What I noticed was that most of my 7 columns were normalized properly, but 2 of them were filled with zeros after normalization. That was not right, so I normalized my matrix manually:

for (int c = 0; c < 3; c++)
    { 
        double minV, maxV;
        minMaxIdx(A.col(c), &minV, &maxV);
        for (int r = 0; r < 3; r++)
            C.at<double>(r, c) = 100 * (A.at<double>(r, c) - minV) / (maxV - minV);
    }

and the result was as expected.

I had a look inside the 'normalize' method and noticed this:

 scale = (dmax - dmin)*(smax - smin > DBL_EPSILON ? 1./(smax - smin) : 0);

which means, that if elements to be normalized are spread over a vary small range, they will not be normalized, but set to zero (or the low end of the requested range). I understand, that this is to prevent numerical errors, but I am not sure if this should be done this way when we are dealing with numbers which are ALL very small?

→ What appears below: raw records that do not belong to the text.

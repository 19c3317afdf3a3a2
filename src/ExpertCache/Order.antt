-- ===== src/ExpertCache/Order.antt =====
-- The misses in the order of promotion: each once, with its count, and the most wanted first.
use vllm_exl3_plugin.Base.{
  ℕ, suc, ◌+◌, ◌-◌, ◌/◌, ◌%◌, ◌<◌, ◌≤◌, ◌≡◌, ◌⊎◌, inl, inr, refl, sym, ◌∙◌, true, false, List, [],
  ◌∷◌, arith, ltb, ◌==◌, if◌then◌else◌, In, Distinct, Bool-cases, All, dec_lt,
}
use vllm_exl3_plugin.ExpertCache.State.{Layout}
use vllm_exl3_plugin.ExpertCache.Demand.{
  Demand, add_key, unique_counts, rotation, precedes, insert, sort,
}

abbrev pub keys : List Demand → List ℕ
keys [] = []
keys (d ∷ ds) = d.key ∷ keys ds

-- Keys in strictly ascending order, from `lo` on.
abbrev Ascending : ℕ → List Demand → Type 0
Ascending lo [] = Unit
Ascending lo (d ∷ ds) = (lo ≤ d.key) × Ascending (suc d.key) ds

add_key-Ascending :
    (k lo : ℕ) (ds : List Demand) → lo ≤ k → Ascending lo ds → Ascending lo (add_key k ds)
unfolding add_key
add_key-Ascending k lo [] h a = ground arith
add_key-Ascending k lo (d ∷ ds) h (b, a) = elim (dec_lt d.key k) [
  | yes p ↦ ground (arith, add_key-Ascending k (suc d.key) ds p a)
  | no p ↦ ground arith
]

unique_counts-Ascending : (ks : List ℕ) → Ascending 0 (unique_counts ks)
unfolding unique_counts
unique_counts-Ascending [] = tt
unique_counts-Ascending (k ∷ ks) =
    add_key-Ascending k 0 (unique_counts ks) (omega arith) (unique_counts-Ascending ks)

Ascending-le : (lo : ℕ) (ds : List Demand) (k : ℕ) → Ascending lo ds → In k (keys ds) → lo ≤ k
Ascending-le lo [] k a m = absurd m
Ascending-le lo (d ∷ ds) k (b, a) (inl e) = omega arith
Ascending-le lo (d ∷ ds) k (b, a) (inr m) = omega (arith, Ascending-le (suc d.key) ds k a m)

Ascending-Distinct : (lo : ℕ) (ds : List Demand) → Ascending lo ds → Distinct (keys ds)
Ascending-Distinct lo [] a = tt
Ascending-Distinct lo (d ∷ ds) (b, a) =
    (λ m. omega (arith, Ascending-le (suc d.key) ds d.key a m), Ascending-Distinct (suc d.key) ds a)

In-add_key : (k x : ℕ) (ds : List Demand) → In x (keys (add_key k ds)) → (x ≡ k) ⊎ In x (keys ds)
unfolding add_key
In-add_key k x [] (inl e) = inl e
In-add_key k x [] (inr m) = absurd m
In-add_key k x (d ∷ ds) m = elim (Bool-cases (k == d.key)) [
  | inl p ↦ inr (rw (p, In, keys, add_key) at m)
  | inr p ↦ elim (Bool-cases (ltb k d.key)) [
    | inl q ↦ rw (p, q, In, keys, add_key) at m
    | inr q ↦ elim (in_head x d.key (keys (add_key k ds)) (rw (p, q, In, keys, add_key) at m)) [
      | inl e ↦ inr (inl e)
      | inr m' ↦ elim (In-add_key k x ds m') [ inl e ↦ inl e | inr n ↦ inr (inr n) ]
    ]
  ]
]
  where
    in_head : (a b : ℕ) (xs : List ℕ) → In a (b ∷ xs) → (a ≡ b) ⊎ In a xs
    in_head a b xs h = h

In-unique_counts : (x : ℕ) (ks : List ℕ) → In x (keys (unique_counts ks)) → In x ks
unfolding unique_counts
In-unique_counts x [] m = m
In-unique_counts x (k ∷ ks) m = elim (In-add_key k x (unique_counts ks) m) [
  | inl e ↦ inl e
  | inr n ↦ inr (In-unique_counts x ks n)
]

module _ (K : Layout) (clock : ℕ) where
  In-insert :
      (d : Demand) (x : ℕ) (ds : List Demand)
      → In x (keys (insert K clock d ds))
      → (x ≡ d.key) ⊎ In x (keys ds)
  unfolding insert
  In-insert d x [] m = m
  In-insert d x (y ∷ ds) m = elim (Bool-cases (precedes K clock y d)) [
    | inl p ↦ elim (in_front x y.key (keys (insert K clock d ds)) (rw (p, In, keys, insert) at m)) [
      | inl e ↦ inr (inl e)
      | inr m' ↦ elim (In-insert d x ds m') [ inl e ↦ inl e | inr n ↦ inr (inr n) ]
    ]
    | inr p ↦ rw (p, In, keys, insert) at m
  ]
    where
      in_front : (a b : ℕ) (xs : List ℕ) → In a (b ∷ xs) → (a ≡ b) ⊎ In a xs
      in_front a b xs h = h

  insert-Distinct :
      (d : Demand) (ds : List Demand)
      → ¬ In d.key (keys ds)
      → Distinct (keys ds)
      → Distinct (keys (insert K clock d ds))
  unfolding insert
  insert-Distinct d [] n a = (n, a)
  insert-Distinct d (y ∷ ds) n (new, a) = elim (Bool-cases (precedes K clock y d)) [
    | inl p ↦
        rw (p, Distinct, keys, insert)
          (
            λ m. elim (In-insert d y.key ds m) [ inl e ↦ n (inl (sym e)) | inr m' ↦ new m' ],
            insert-Distinct d ds (λ m. n (inr m)) a,
          )
    | inr p ↦ rw (p, Distinct, keys, insert) (n, (new, a))
  ]

  pub In-sort : (x : ℕ) (ds : List Demand) → In x (keys (sort K clock ds)) → In x (keys ds)
  unfolding sort
  In-sort x [] m = m
  In-sort x (d ∷ ds) m = elim (In-insert d x (sort K clock ds) m) [
    | inl e ↦ inl e
    | inr n ↦ inr (In-sort x ds n)
  ]

  sort-Distinct : (ds : List Demand) → Distinct (keys ds) → Distinct (keys (sort K clock ds))
  unfolding sort
  sort-Distinct [] a = a
  sort-Distinct (d ∷ ds) (new, a) =
      insert-Distinct d (sort K clock ds) (λ m. new (In-sort d.key ds m)) (sort-Distinct ds a)

  -- A wanted expert is promoted at most once in a plan.
  pub wanted-Distinct : (ks : List ℕ) → Distinct (keys (sort K clock (unique_counts ks)))
  wanted-Distinct ks =
      sort-Distinct (unique_counts ks)
        (Ascending-Distinct 0 (unique_counts ks) (unique_counts-Ascending ks))

  pub In-wanted : (x : ℕ) (ks : List ℕ) → In x (keys (sort K clock (unique_counts ks))) → In x ks
  In-wanted x ks m = In-unique_counts x ks (In-sort x (unique_counts ks) m)

-- How often a key is among the keys.
abbrev pub occurrences : ℕ → List ℕ → ℕ
occurrences x [] = 0
occurrences x (k ∷ ks) = if x == k then suc (occurrences x ks) else occurrences x ks

-- The counts of the entries with a key, added up.
abbrev pub total : ℕ → List Demand → ℕ
total x [] = 0
total x (d ∷ ds) = if x == d.key then d.count + total x ds else total x ds

total-add_key :
    (x k : ℕ) (ds : List Demand)
    → total x (add_key k ds) ≡ (if x == k then suc (total x ds) else total x ds)
unfolding add_key
total-add_key x k [] = ground arith
total-add_key x k (d ∷ ds) = ground (arith, total-add_key x k ds)

total-unique_counts : (x : ℕ) (ks : List ℕ) → total x (unique_counts ks) ≡ occurrences x ks
unfolding unique_counts
total-unique_counts x [] = refl
total-unique_counts x (k ∷ ks) =
    ground (arith, total-add_key x k (unique_counts ks), total-unique_counts x ks)

module _ (K : Layout) (clock : ℕ) where
  total-insert :
      (x : ℕ) (d : Demand) (ds : List Demand)
      → total x (insert K clock d ds) ≡ (if x == d.key then d.count + total x ds else total x ds)
  unfolding insert
  total-insert x d [] = refl
  total-insert x d (y ∷ ds) = ground (arith, total-insert x d ds)

  total-sort : (x : ℕ) (ds : List Demand) → total x (sort K clock ds) ≡ total x ds
  unfolding sort
  total-sort x [] = refl
  total-sort x (d ∷ ds) = ground (arith, total-insert x d (sort K clock ds), total-sort x ds)

  -- How many layers after the clock's an entry's layer has its turn.
  abbrev pub turn : Demand → ℕ
  turn d = (d.key / K.experts + (K.layers - clock % K.layers)) % K.layers

  -- An entry goes before another: it was missed more often, or as often and its layer's turn is not
  -- later.
  abbrev pub Goes : Demand → Demand → Type 0
  Goes d x = (x.count < d.count) ⊎ ((x.count ≡ d.count) × (turn d ≤ turn x))

  -- Every entry goes before all that stand after it.
  abbrev pub IsOrdered : List Demand → Type 0
  IsOrdered [] = Unit
  IsOrdered (d ∷ ds) = All (Goes d) ds × IsOrdered ds

  Goes-trans : (a b c : Demand) → Goes a b → Goes b c → Goes a c
  Goes-trans a b c (inl h) (inl k) = inl (omega arith)
  Goes-trans a b c (inl h) (inr (e, k)) = inl (omega arith)
  Goes-trans a b c (inr (e, h)) (inl k) = inl (omega arith)
  Goes-trans a b c (inr (e, h)) (inr (f, k)) = inr (omega arith, omega arith)

  precedes-Goes : (a b : Demand) → precedes K clock a b ≡ true → Goes a b
  unfolding precedes rotation
  precedes-Goes a b h = ground arith

  precedes-false-Goes : (a b : Demand) → precedes K clock b a ≡ false → Goes a b
  unfolding precedes rotation
  precedes-false-Goes a b h = ground arith

  All-insert :
      (P : Demand → Type 0) (d : Demand) (ds : List Demand)
      → P d
      → All P ds
      → All P (insert K clock d ds)
  unfolding insert
  All-insert P d [] p h = (p, tt)
  All-insert P d (y ∷ ds) p (q, h) = elim (Bool-cases (precedes K clock y d)) [
    | inl e ↦ rw (e, All, insert) (q, All-insert P d ds p h)
    | inr e ↦ rw (e, All, insert) (p, (q, h))
  ]

  All-weaken :
      (P Q : Demand → Type 0) (ds : List Demand) → ((x : Demand) → P x → Q x) → All P ds → All Q ds
  All-weaken P Q [] f h = tt
  All-weaken P Q (d ∷ ds) f (p, h) = (f d p, All-weaken P Q ds f h)

  insert-IsOrdered :
      (d : Demand) (ds : List Demand) → IsOrdered ds → IsOrdered (insert K clock d ds)
  unfolding insert
  insert-IsOrdered d [] h = (tt, tt)
  insert-IsOrdered d (y ∷ ds) (first, rest) = elim (Bool-cases (precedes K clock y d)) [
    | inl e ↦
        rw (e, IsOrdered, insert)
          (All-insert (Goes y) d ds (precedes-Goes y d e) first, insert-IsOrdered d ds rest)
    | inr e ↦
        rw (e, IsOrdered, insert)
          (
            (
              precedes-false-Goes d y e,
              All-weaken (Goes y) (Goes d) ds
                  (λ x h. Goes-trans d y x (precedes-false-Goes d y e) h) first,
            ),
            (first, rest),
          )
  ]

  sort-IsOrdered : (ds : List Demand) → IsOrdered (sort K clock ds)
  unfolding sort
  sort-IsOrdered [] = tt
  sort-IsOrdered (d ∷ ds) = insert-IsOrdered d (sort K clock ds) (sort-IsOrdered ds)

  -- The misses are taken in an order in which each was missed more often than every later one, or as
  -- often and its layer has its turn, counted from the clock's layer on, no later; each expert stands
  -- there once, with the count of its misses.
  pub wanted-IsOrdered :
      (ks : List ℕ)
      → let order = sort K clock (unique_counts ks) in
        IsOrdered order × Distinct (keys order) × ((x : ℕ) → total x order ≡ occurrences x ks)
  wanted-IsOrdered ks = (
    sort-IsOrdered (unique_counts ks),
    wanted-Distinct K clock ks,
    λ x. total-sort x (unique_counts ks) ∙ total-unique_counts x ks,
  )
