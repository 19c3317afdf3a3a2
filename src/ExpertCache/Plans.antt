-- ===== src/ExpertCache/Plans.antt =====
-- The loop over the misses keeps the invariant, and so do the copies that it ends in.
use mathlib.Core.Path.{subst, fun_ext}
use mathlib.Core.List.{append_assoc}
use native.Mathlib.Nat.{div-add-mod}
use vllm_exl3_plugin.Base.{
  ℕ, ◌*◌, ◌/◌, ◌%◌, ◌≡◌, ◌≢◌, ◌⊎◌, inl, inr, refl, sym, ap, ◌∙◌, Bool, true, Option, none, some,
  List, [], ◌∷◌, ◌++◌, arith, leb, In, Distinct, Option-cases, Bool-cases, length, some-eq,
  ℕ_discrete,
}
use vllm_exl3_plugin.ExpertCache.State.{Layout, Ref, Content, copying, update2, write}
use vllm_exl3_plugin.ExpertCache.Writes.{to_host, write_slots}
use vllm_exl3_plugin.ExpertCache.Lru.{victim}
use vllm_exl3_plugin.ExpertCache.Victim.{victim-eq-some}
use vllm_exl3_plugin.ExpertCache.Demand.{Demand}
use vllm_exl3_plugin.ExpertCache.Planning.{Plan, release, claim, place, place_all}
use vllm_exl3_plugin.ExpertCache.Tables.{IsWellFormed, write-append, write_slots_ne}
use vllm_exl3_plugin.ExpertCache.Coherence.{
  Table, IsCoherent, claim-IsCoherent, same_ref, update2_ne, update2_self,
}
use vllm_exl3_plugin.ExpertCache.Release.{release-IsCoherent}
use vllm_exl3_plugin.ExpertCache.Order.{keys}

update2_twice :
    (f : ℕ → ℕ → Option ℕ) (l s : ℕ) (v w : Option ℕ)
    → update2 (update2 f l s v) l s w ≡ update2 f l s w
update2_twice f l s v w = fun_ext (λ l'. fun_ext (λ s'. ground arith))

reowned :
    {K : Layout} {slot_of owner owner' : ℕ → ℕ → Option ℕ} {live : ℕ → ℕ → Bool}
    {contents : ℕ → ℕ → ℕ → Content} {table : Table} {moving : List Ref}
    → owner ≡ owner'
    → IsCoherent K slot_of owner live contents table moving
    → IsCoherent K slot_of owner' live contents table moving
reowned {K} {slot_of} {live = live} {contents = contents} {table = table} {moving = moving} p c =
    subst (λ o. IsCoherent K slot_of o live contents table moving) p c

pub key_parts : (k k' n : ℕ) → k / n ≡ k' / n → k % n ≡ k' % n → k ≡ k'
key_parts k k' n a b = omega (arith, div-add-mod k n, div-add-mod k' n, ap (λ (t : ℕ). n * t) a)

victim_live :
    (K : Layout) (p : Plan) (l s old : ℕ)
    → victim K p.cache l ≡ some s
    → p.cache.owner l s ≡ some old
    → p.cache.live l old ≡ true
victim_live K p l s old v o = elim ((victim-eq-some K p.cache l s v).1) [
  | inl free ↦ absurd (ground arith)
  | inr (full, (e, t, least)) ↦
      let same : e ≡ old = some-eq _ _ (sym t.owned ∙ o) in
      subst (λ x. p.cache.live l x ≡ true) same t.live
]

module _ (K : Layout) (wf : IsWellFormed K) (queued : List Ref) where
  -- The invariant within the loop: the table counts as written.
  abbrev pub PlanOk : Plan → Type 0
  PlanOk p =
      IsCoherent K p.cache.slot_of p.cache.owner p.cache.live p.cache.contents
        (write p.cache.table p.updates) (queued ++ p.issued)

  claim-PlanOk :
      (p : Plan) (l s e : ℕ)
      → PlanOk p
      → p.cache.owner l s ≡ none
      → p.cache.slot_of l e ≡ none
      → PlanOk (claim K p l s e)
  unfolding claim
  claim-PlanOk p l s e c free new =
      rw (← append_assoc queued p.issued ((l, e) ∷ []))
        (claim-IsCoherent K wf l s e (queued ++ p.issued) c free new)

  still_new :
      (p : Plan) (l e old : ℕ)
      → p.cache.slot_of l e ≡ none
      → update2 p.cache.slot_of l old none l e ≡ none
  still_new p l e old new = elim (ℕ_discrete e old) [
    | yes q ↦ rw q (update2_self p.cache.slot_of l old none)
    | no q ↦ update2_ne p.cache.slot_of l old none l e (λ _. q) ∙ new
  ]

  swap-PlanOk :
      (p : Plan) (l s e old : ℕ)
      → PlanOk p
      → p.cache.live l old ≡ true
      → p.cache.owner l s ≡ some old
      → p.cache.slot_of l e ≡ none
      → PlanOk (claim K (release K p l old) l s e)
  unfolding claim release to_host
  swap-PlanOk p l s e old c alive own new =
      let seat = c.holds l s old own in
      let freed = release-IsCoherent K wf l s old (queued ++ p.issued) c alive seat in
      let taken =
        claim-IsCoherent K wf l s e (queued ++ p.issued) freed (update2_self p.cache.owner l s none)
          (still_new p l e old new) in
      rw (← append_assoc queued p.issued ((l, e) ∷ []), write-append p.updates _ p.cache.table)
        (reowned (update2_twice p.cache.owner l s none (some e)) taken)

  -- What the body of the loop does: nothing, a claim of a free slot, or a swap with a live victim.
  abbrev pub Placed : Plan → ℕ → ℕ → Type 0
  Placed p l e =
      (place K p l e ≡ p)
      ⊎ ((s : ℕ) × (p.cache.owner l s ≡ none) × (place K p l e ≡ claim K p l s e))
      ⊎ ((s : ℕ) × (old : ℕ) × (p.cache.owner l s ≡ some old)
          × (p.cache.live l old ≡ true)
          × (place K p l e ≡ claim K (release K p l old) l s e))

  pub place_cases : (p : Plan) (l e : ℕ) → Placed p l e
  unfolding place
  place_cases p l e = elim (Option-cases (victim K p.cache l)) [
    | inl v ↦ inl (rw (v, place))
    | inr (s, v) ↦ elim (Option-cases (p.cache.owner l s)) [
      | inl o ↦ inr (inl (s, o, rw (v, o, place)))
      | inr (old, o) ↦ inr (inr (s, old, o, victim_live K p l s old v o, rw (v, o, place)))
    ]
  ]

  -- An expert that is not placed stays out of the slots if it was out.
  pub place_new :
      (p : Plan) (l e l' e' : ℕ)
      → p.cache.slot_of l' e' ≡ none
      → (l' ≡ l → e' ≢ e)
      → (place K p l e).cache.slot_of l' e' ≡ none
  unfolding claim release
  place_new p l e l' e' h ne = elim (place_cases p l e) [
    | inl q ↦ rw q h
    | inr (inl (s, o, q)) ↦ rw q (update2_ne p.cache.slot_of l e (some s) l' e' ne ∙ h)
    | inr (inr (s, old, o, a, q)) ↦ rw q (
        update2_ne (update2 p.cache.slot_of l old none) l e (some s) l' e' ne
        ∙ elim (same_ref l old l' e') [
          | inl (x, y) ↦ rw (x, y) (update2_self p.cache.slot_of l old none)
          | inr ne' ↦ update2_ne p.cache.slot_of l old none l' e' ne' ∙ h
        ])
  ]

  pub place-PlanOk :
      (p : Plan) (l e : ℕ) → PlanOk p → p.cache.slot_of l e ≡ none → PlanOk (place K p l e)
  place-PlanOk p l e c new = elim (place_cases p l e) [
    | inl q ↦ subst PlanOk (sym q) c
    | inr (inl (s, o, q)) ↦ subst PlanOk (sym q) (claim-PlanOk p l s e c o new)
    | inr (inr (s, old, o, a, q)) ↦ subst PlanOk (sym q) (swap-PlanOk p l s e old c a o new)
  ]

  -- The keys still to come are out of the slots.
  abbrev pub Out : Plan → List Demand → Type 0
  Out p ds = (k : ℕ) → In k (keys ds) → p.cache.slot_of (k / K.experts) (k % K.experts) ≡ none

  pub place_all-PlanOk :
      (ds : List Demand) (p : Plan)
      → PlanOk p
      → Distinct (keys ds)
      → Out p ds
      → PlanOk (place_all K ds p)
  unfolding place_all
  place_all-PlanOk [] p c d out = c
  place_all-PlanOk (x ∷ ds) p c (new, d) out =
      let l = x.key / K.experts in
      let e = x.key % K.experts in
      let first = place-PlanOk p l e c (out x.key (inl refl)) in
      let rest = place_all-PlanOk ds (place K p l e) first d (λ k m.
        place_new p l e (k / K.experts) (k % K.experts) (out k (inr m))
          (λ a b. new (subst (λ t. In t (keys ds)) (key_parts k x.key K.experts a b) m))) in
      elim (Bool-cases (leb K.budget (length p.issued))) [ inl t ↦ rw t c | inr t ↦ rw t rest ]

  -- The copies go to slots whose experts are not live.
  pub finish_contents :
      (p : Plan) (l e s j : ℕ)
      → PlanOk p
      → p.cache.slot_of l e ≡ some s
      → ¬ In (l, e) p.issued
      → write_slots K copying p.issued p.cache.slot_of p.cache.contents l j s
        ≡ p.cache.contents l j s
  finish_contents p l e s j c seat out =
      write_slots_ne K copying p.cache.slot_of p.issued p.cache.contents l j s (λ e' m q. out (
        subst (λ t. In (l, t) p.issued) (some-eq _ _ (sym (c.held l e' s q) ∙ c.held l e s seat))
          m))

So I performed a small test. Here is my input matrix:

A
 10 5e-016  5e-026
  1 5e-020  5e-027
-10 1e-030 -5e-027

The result of OpenCV normalization:

B
100   100  0
55    0.01 0
0     0    0

And my manual result:

C
100  100   100
55  0.01   18.1818
0     0      0

Here is the code I used for the above:

Mat A = (Mat_<double>(3, 3) << 10, 5e-16, 5e-26, 1, 5e-20, 5e-27, -10, 1e-30, -5e-27);
Mat B(3, 3, CV_64F);
for (int c = 0; c < 3; c++)
    normalize(A.col(c), B.col(c), 0, 100, NORM_MINMAX);

Mat C(3, 3, CV_64F);
for (int c = 0; c < 3; c++)
    { 
    double minV, maxV;
    minMaxIdx(A.col(c), &minV, &maxV);
    for (int r = 0; r < 3; r++)
        C.at<double>(r, c) = 100 * (A.at<double>(r, c) - minV) / (maxV - minV);
    }
 
    cout << "A" << endl;
    for (int r = 0; r < 3; r++)
    {
        for (int c = 0; c < 3; c++)
            cout << A.at<double>(r, c) << " ";
        cout << endl;
    }
    cout << endl << "B" <<endl;
    for (int r = 0; r < 3; r++)
    {
        for (int c = 0; c < 3; c++)
            cout << B.at<double>(r, c) << " ";
        cout << endl;
    }
    cout << endl << "C" << endl;
    for (int r = 0; r < 3; r++)
    {
        for (int c = 0; c < 3; c++)
            cout << C.at<double>(r, c) << " ";
        cout << endl;
    }

I think it has no important meaning in classification with Hu invariants, as it is quite unlikely to get invariants that differ by less than DBL_EPSILON for different objects (mine were for '0' digit only) and the problem would normally not occur. And even so, it means that this particular feature is simply usless. By the way, when input image for calculating moments was treated as binary one, Hu moments were bigger than DBL_EPSILON and the problem disappeared. However, in some other applications this could have some influence. When someone is dealing with very small numbers and tries to normalize them, there might be a problem. What are your thoughts on this?